On June 16, special purpose acquisition company (SPAC) Virgin Group Acquisition completed its merger with consumer genetics company 23andMe (ME 12.19%). The deal funded the latter with $592 million in cash at a total enterprise valuation of $3.5 billion. Investors were enthusiastic about the agreement, with shares soaring by over 20% on the day of their trading debut.
That's quite the jump, considering 23andMe's management projects that its revenue will decline sharply over the next few years and not recover to 2019 levels until 2025. So what's behind the hype?
Growth is stalling
23andMe is known for its namesake health and ancestry testing services. After purchasing and receiving its test kit, consumers ship a saliva sample to a laboratory for analysis. The results include a complete breakdown of the user's genetic background. Customers can also use the data to locate close relatives on the 23andMe platform.
The report given to each customer includes health predisposition (such as vulnerability to chronic diseases), carrier status for hereditary disorders, and various traits (eye color, wakeup time, alcohol flush, tolerance to caffeine, etc.).
23andMe has sold over 11.3 million tests since its inception -- but that number looks to be about to hit a brick wall. The company's declining sales in recent years show that almost everyone in the developed countries where 23andMe operates who was interested in their ancestry or genetic health and could afford the purchase has already done so. In 2019, the company brought in $441 million in revenue, with consumer services accounting for 96% of sales. However, its forecast for this year amounts to just $243.5 million in sales. 23andMe is, fortunately, improving its operating income less noncash items from a loss of $85 million in 2019 to a positive $7.5 million this year.
Diversification is working
It's clear that management sees the problem as well. The company has been aggressively diversifying into pharmaceutical research to make up for the lost sales. As a result, that segment now accounts for 23% of overall revenue.
It was able to do so by leveraging its vast genetic database obtained from consumers. Of the 11.3 million people who've used 23andMe's kits, 8.9 million consented to the company's using their data for research and development. This has given 23andMe the largest such database in the country -- it's ahead of the next runner-up, Regeneron Pharmaceuticals (REGN 1.31%), by 7.9 million.
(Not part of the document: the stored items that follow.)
-- ===== src/Format/Pubkey/SameBlob.antt =====
-- `PartialEq` of the public keys (src/keys) against their blobs (src/format/ossh_pubkey.rs).
use rust_osshkeys.Prelude.{
  ◌≡◌, ◌↔◌, ◌∙◌, refl, sym, ap, Bytes, Bool, true, false, ok, Outcome, none,
}
use rust_osshkeys.Error.{OsshResult}
use rust_osshkeys.External.KeyTypes.{KeyLib}
use rust_osshkeys.External.Equals.{Equals}
use rust_osshkeys.Keys.Rsa.{RsaPublicKey}
use rust_osshkeys.Keys.Dsa.{DsaPublicKey}
use rust_osshkeys.Keys.Ed25519.{Ed25519PublicKey}
use rust_osshkeys.Keys.Ecdsa.{EcDsaPublicKey, nid}
use rust_osshkeys.Keys.Equality.{rsa_eq, dsa_eq, ecdsa_eq, ed25519_eq}
use rust_osshkeys.Keys.Container.{PublicKeyType, public_keytype}
use rust_osshkeys.Format.Pubkey.Encode.{
  public_blob, encode_rsa_pubkey, encode_dsa_pubkey, encode_ecdsa_pubkey, encode_ed25519_pubkey,
}
use rust_osshkeys.Format.Pubkey.Decode.{
  decode_rsa_pubkey, decode_dsa_pubkey, decode_ecdsa_pubkey, decode_ed25519_pubkey, matches_hint,
}
use rust_osshkeys.Format.Pubkey.Integers.{
  encode_rsa_pubkey_lem, decode-rsa_blob, dsa_blob, IsWritableDsa, encode_dsa_pubkey_lem,
  decode-dsa_blob,
}
use rust_osshkeys.Format.Pubkey.Curves.{
  IsOnCurve, encode_ecdsa_pubkey_lem, decode-ecdsa_blob, encode_ed25519_pubkey_lem,
  decode-ed25519_blob,
}
use rust_osshkeys.Format.Pubkey.LineRoundTrip.{CanEncode}
use rust_osshkeys.Format.Pubkey.SameRules.{
  both, both_true, curve_eq_iff, unwrap-eq-ok, same_decoded, ok_true, if-eq-true,
}

module _ (lib : KeyLib) (eq : Equals lib) where
  -- What `==` says of two keys of one type.
  abbrev pub compared : PublicKeyType lib → PublicKeyType lib → OsshResult Bool
  compared (PublicKeyType.rsa a) (PublicKeyType.rsa b) = ok (rsa_eq lib eq a b)
  compared (PublicKeyType.dsa a) (PublicKeyType.dsa b) = ok (dsa_eq lib eq a b)
  compared (PublicKeyType.ecdsa a) (PublicKeyType.ecdsa b) = ecdsa_eq lib eq a b
  compared (PublicKeyType.ed25519 a) (PublicKeyType.ed25519 b) = ok (ed25519_eq lib eq a b)
  compared _ _ = ok false

  -- The statement for two keys.
  abbrev EqualAsBlobs : PublicKeyType lib → PublicKeyType lib → Type 0
  EqualAsBlobs a b = (compared a b ≡ ok true) ↔ (public_blob lib a ≡ public_blob lib b)

  rsa_lem :
      (a b : RsaPublicKey lib)
      → CanEncode lib (PublicKeyType.rsa a)
      → CanEncode lib (PublicKeyType.rsa b)
      → EqualAsBlobs (PublicKeyType.rsa a) (PublicKeyType.rsa b)
  unfolding rsa_eq public_blob
  rsa_lem a b (ea, na) (eb, nb) =
      let same_e = eq.bn_eq_iff (lib.rsa.e a.rsa) (lib.rsa.e b.rsa) in
      let same_n = eq.bn_eq_iff (lib.rsa.n a.rsa) (lib.rsa.n b.rsa) in
      (
        λ h.
            let (he, hn) = both _ _ (ok_true _ h) in
            λ i. encode_rsa_pubkey lib (same_e.0 he i) (same_n.0 hn i),
        λ h.
            let same =
              same_decoded (decode_rsa_pubkey lib) _ _ _ _
                (encode_rsa_pubkey_lem lib (lib.rsa.e a.rsa) (lib.rsa.n a.rsa) ea na)
                (encode_rsa_pubkey_lem lib (lib.rsa.e b.rsa) (lib.rsa.n b.rsa) eb nb)
                (decode-rsa_blob lib a.rsa ea na) (decode-rsa_blob lib b.rsa eb nb) h in
            ap ok (
              both_true _ _ (same_e.1 (ap (λ k. lib.rsa.e k.rsa) same))
                (same_n.1 (ap (λ k. lib.rsa.n k.rsa) same))),
      )

  dsa_encoded :
      (k : DsaPublicKey lib)
      → IsWritableDsa lib k.dsa
      → public_blob lib (PublicKeyType.dsa k)
        ≡ ok (
            dsa_blob lib
              (lib.dsa.p k.dsa)
              (lib.dsa.q k.dsa)
              (lib.dsa.g k.dsa)
              (lib.dsa.pub_key k.dsa))
  unfolding public_blob
  dsa_encoded k h = encode_dsa_pubkey_lem lib _ _ _ _ h.p h.q h.g h.pub_key

  groups :
      (a b : EcDsaPublicKey lib) (p q : Bytes)
      → IsOnCurve lib a p
      → IsOnCurve lib b q
      → a.curve ≡ b.curve
      → lib.ec.group a.key ≡ lib.ec.group b.key
  groups a b p q ha hb h =
      let all : ◌≡◌ {A = Outcome Unit lib.ec.Group} (ok (lib.ec.group a.key))
          (ok (lib.ec.group b.key)) =
        sym ha.in_group ∙ ap (λ c. lib.ec.from_curve_name (nid c)) h ∙ hb.in_group in
      cc

  dsa_lem :
      (a b : DsaPublicKey lib)
      → CanEncode lib (PublicKeyType.dsa a)
      → CanEncode lib (PublicKeyType.dsa b)
      → EqualAsBlobs (PublicKeyType.dsa a) (PublicKeyType.dsa b)
  unfolding dsa_eq public_blob
  dsa_lem a b ha hb =
      let same_p = eq.bn_eq_iff (lib.dsa.p a.dsa) (lib.dsa.p b.dsa) in
      let same_q = eq.bn_eq_iff (lib.dsa.q a.dsa) (lib.dsa.q b.dsa) in
      let same_g = eq.bn_eq_iff (lib.dsa.g a.dsa) (lib.dsa.g b.dsa) in
      let same_y = eq.bn_eq_iff (lib.dsa.pub_key a.dsa) (lib.dsa.pub_key b.dsa) in
      (
        λ h.
            let (hp, h1) = both _ _ (ok_true _ h) in
            let (hq, h2) = both _ _ h1 in
            let (hg, hy) = both _ _ h2 in
            λ i.
              encode_dsa_pubkey lib (same_p.0 hp i) (same_q.0 hq i) (same_g.0 hg i) (same_y.0 hy i),
        λ h.
            let same =
              same_decoded (decode_dsa_pubkey lib) _ _ _ _ (dsa_encoded a ha) (dsa_encoded b hb)
                (decode-dsa_blob lib a.dsa ha) (decode-dsa_blob lib b.dsa hb) h in
            ap ok (
              both_true _ _ (same_p.1 (ap (λ k. lib.dsa.p k.dsa) same)) (
                both_true _ _ (same_q.1 (ap (λ k. lib.dsa.q k.dsa) same)) (
                  both_true _ _ (same_g.1 (ap (λ k. lib.dsa.g k.dsa) same))
                    (same_y.1 (ap (λ k. lib.dsa.pub_key k.dsa) same))))),
      )

  ecdsa_lem :
      (a b : EcDsaPublicKey lib)
      → CanEncode lib (PublicKeyType.ecdsa a)
      → CanEncode lib (PublicKeyType.ecdsa b)
      → EqualAsBlobs (PublicKeyType.ecdsa a) (PublicKeyType.ecdsa b)
  unfolding ecdsa_eq public_blob matches_hint
  ecdsa_lem a b (pa, ha) (pb, hb) =
      let same_curve = curve_eq_iff a.curve b.curve in
      let same_point =
        eq.point_eq_iff (lib.ec.group a.key) (lib.ec.public_key a.key) (lib.ec.public_key b.key) pa
          ha.encoded in
      (
        λ h.
            let (hc, hp) = if-eq-true _ _ h in
            let group : lib.ec.group a.key ≡ lib.ec.group b.key =
              groups a b pa pb ha hb (same_curve.0 hc) in
            λ i.
              encode_ecdsa_pubkey lib (same_curve.0 hc i) (group i)
                (same_point.0 (unwrap-eq-ok _ hp) i),
        λ h.
            let same =
              same_decoded (decode_ecdsa_pubkey lib none) _ _ _ _
                (encode_ecdsa_pubkey_lem lib a pa ha) (encode_ecdsa_pubkey_lem lib b pb hb)
                (decode-ecdsa_blob lib none a pa refl ha) (decode-ecdsa_blob lib none b pb refl hb)
                h in
            rw
              (
                same_curve.1 (ap (λ k. k.curve) same),
                same_point.1 (ap (λ k. lib.ec.public_key k.key) same),
              )
              refl,
      )

  ed25519_lem :
      (a b : Ed25519PublicKey lib)
      → EqualAsBlobs (PublicKeyType.ed25519 a) (PublicKeyType.ed25519 b)
  unfolding ed25519_eq public_blob
  ed25519_lem a b =
      let same_key = lib.ed.key_eq_iff a.key b.key in
      (
        λ h. ap (encode_ed25519_pubkey lib) (same_key.0 (ok_true _ h)),
        λ h.
            let same =
              same_decoded (decode_ed25519_pubkey lib) _ _ _ _ (encode_ed25519_pubkey_lem lib a.key)
                (encode_ed25519_pubkey_lem lib b.key) (decode-ed25519_blob lib a.key)
                (decode-ed25519_blob lib b.key) h in
            ap ok (same_key.1 (ap (λ k. k.key) same)),
      )

  -- Two public keys of one type whose parts can be written are equal for `==`, which then does not
  -- panic, exactly if their binary forms are the same.
  pub compared-public_blob :
      (a b : PublicKeyType lib)
      → public_keytype lib a ≡ public_keytype lib b
      → CanEncode lib a
      → CanEncode lib b
      → (compared a b ≡ ok true) ↔ (public_blob lib a ≡ public_blob lib b)
  unfolding public_keytype
  compared-public_blob (PublicKeyType.rsa a) (PublicKeyType.rsa b) t ha hb = rsa_lem a b ha hb
  compared-public_blob (PublicKeyType.dsa a) (PublicKeyType.dsa b) t ha hb = dsa_lem a b ha hb
  compared-public_blob (PublicKeyType.ecdsa a) (PublicKeyType.ecdsa b) t ha hb = ecdsa_lem a b ha hb
  compared-public_blob (PublicKeyType.ed25519 a) (PublicKeyType.ed25519 b) t ha hb = ed25519_lem a b
  compared-public_blob (PublicKeyType.rsa a) (PublicKeyType.dsa b) t ha hb = cc
  compared-public_blob (PublicKeyType.rsa a) (PublicKeyType.ecdsa b) t ha hb = cc
  compared-public_blob (PublicKeyType.rsa a) (PublicKeyType.ed25519 b) t ha hb = cc
  compared-public_blob (PublicKeyType.dsa a) (PublicKeyType.rsa b) t ha hb = cc
  compared-public_blob (PublicKeyType.dsa a) (PublicKeyType.ecdsa b) t ha hb = cc
  compared-public_blob (PublicKeyType.dsa a) (PublicKeyType.ed25519 b) t ha hb = cc
  compared-public_blob (PublicKeyType.ecdsa a) (PublicKeyType.rsa b) t ha hb = cc
  compared-public_blob (PublicKeyType.ecdsa a) (PublicKeyType.dsa b) t ha hb = cc
  compared-public_blob (PublicKeyType.ecdsa a) (PublicKeyType.ed25519 b) t ha hb = cc
  compared-public_blob (PublicKeyType.ed25519 a) (PublicKeyType.rsa b) t ha hb = cc
  compared-public_blob (PublicKeyType.ed25519 a) (PublicKeyType.dsa b) t ha hb = cc
  compared-public_blob (PublicKeyType.ed25519 a) (PublicKeyType.ecdsa b) t ha hb = cc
23andMe is developing over 40 therapeutics in areas including oncology, immunology, cardiovascular diseases, metabolic diseases, and neurology, all using drug targets derived from studying genomic abnormalities in its database. In addition, the company boasts that it can utilize the consumer genomics data to shorten the drug clinical trial time by an average of three years and increase a trial's probability of success. In 2018, 23andMe secured a $300 million upfront equity investment from GlaxoSmithKline (GSK 0.12%) to develop new therapeutics, with $127 million more in research revenue coming between then and mid-2023.
Lastly, 23andMe is combining its genetic research and testing to curate a subscription service for its consumers. Each subscription offers insight into an individual's pharmacogenetics, heart health, DNA relatives, and polygenic risk scores (i.e., risk of developing cancer by a certain age). The $29/year service has attracted more than 125,000 subscribers since its soft launch in October.
Overall, 23andMe is making a sharp comeback with its new business model. Currently, the stock looks like it already has that priced in, trading at a very expensive 14.6 times EV-to-sales. It's still nonetheless a good healthcare stock to buy -- albeit as a small stake in case its growth disappoints.